- _Activity_
Print the full listing exactly.
--*--
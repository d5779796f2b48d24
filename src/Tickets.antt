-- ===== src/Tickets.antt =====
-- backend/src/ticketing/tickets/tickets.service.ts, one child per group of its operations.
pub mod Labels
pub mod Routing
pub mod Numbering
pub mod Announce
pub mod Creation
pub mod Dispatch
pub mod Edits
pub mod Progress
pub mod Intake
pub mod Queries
--*--
- _Solution_
repository d5779796f2b48d24
filename src/Tickets.antt
-- ===== src/Tickets.antt =====
-- backend/src/ticketing/tickets/tickets.service.ts, one child per group of its operations.
pub mod Labels
pub mod Routing
pub mod Numbering
pub mod Announce
pub mod Creation
pub mod Dispatch
pub mod Edits
pub mod Progress
pub mod Intake
pub mod Queries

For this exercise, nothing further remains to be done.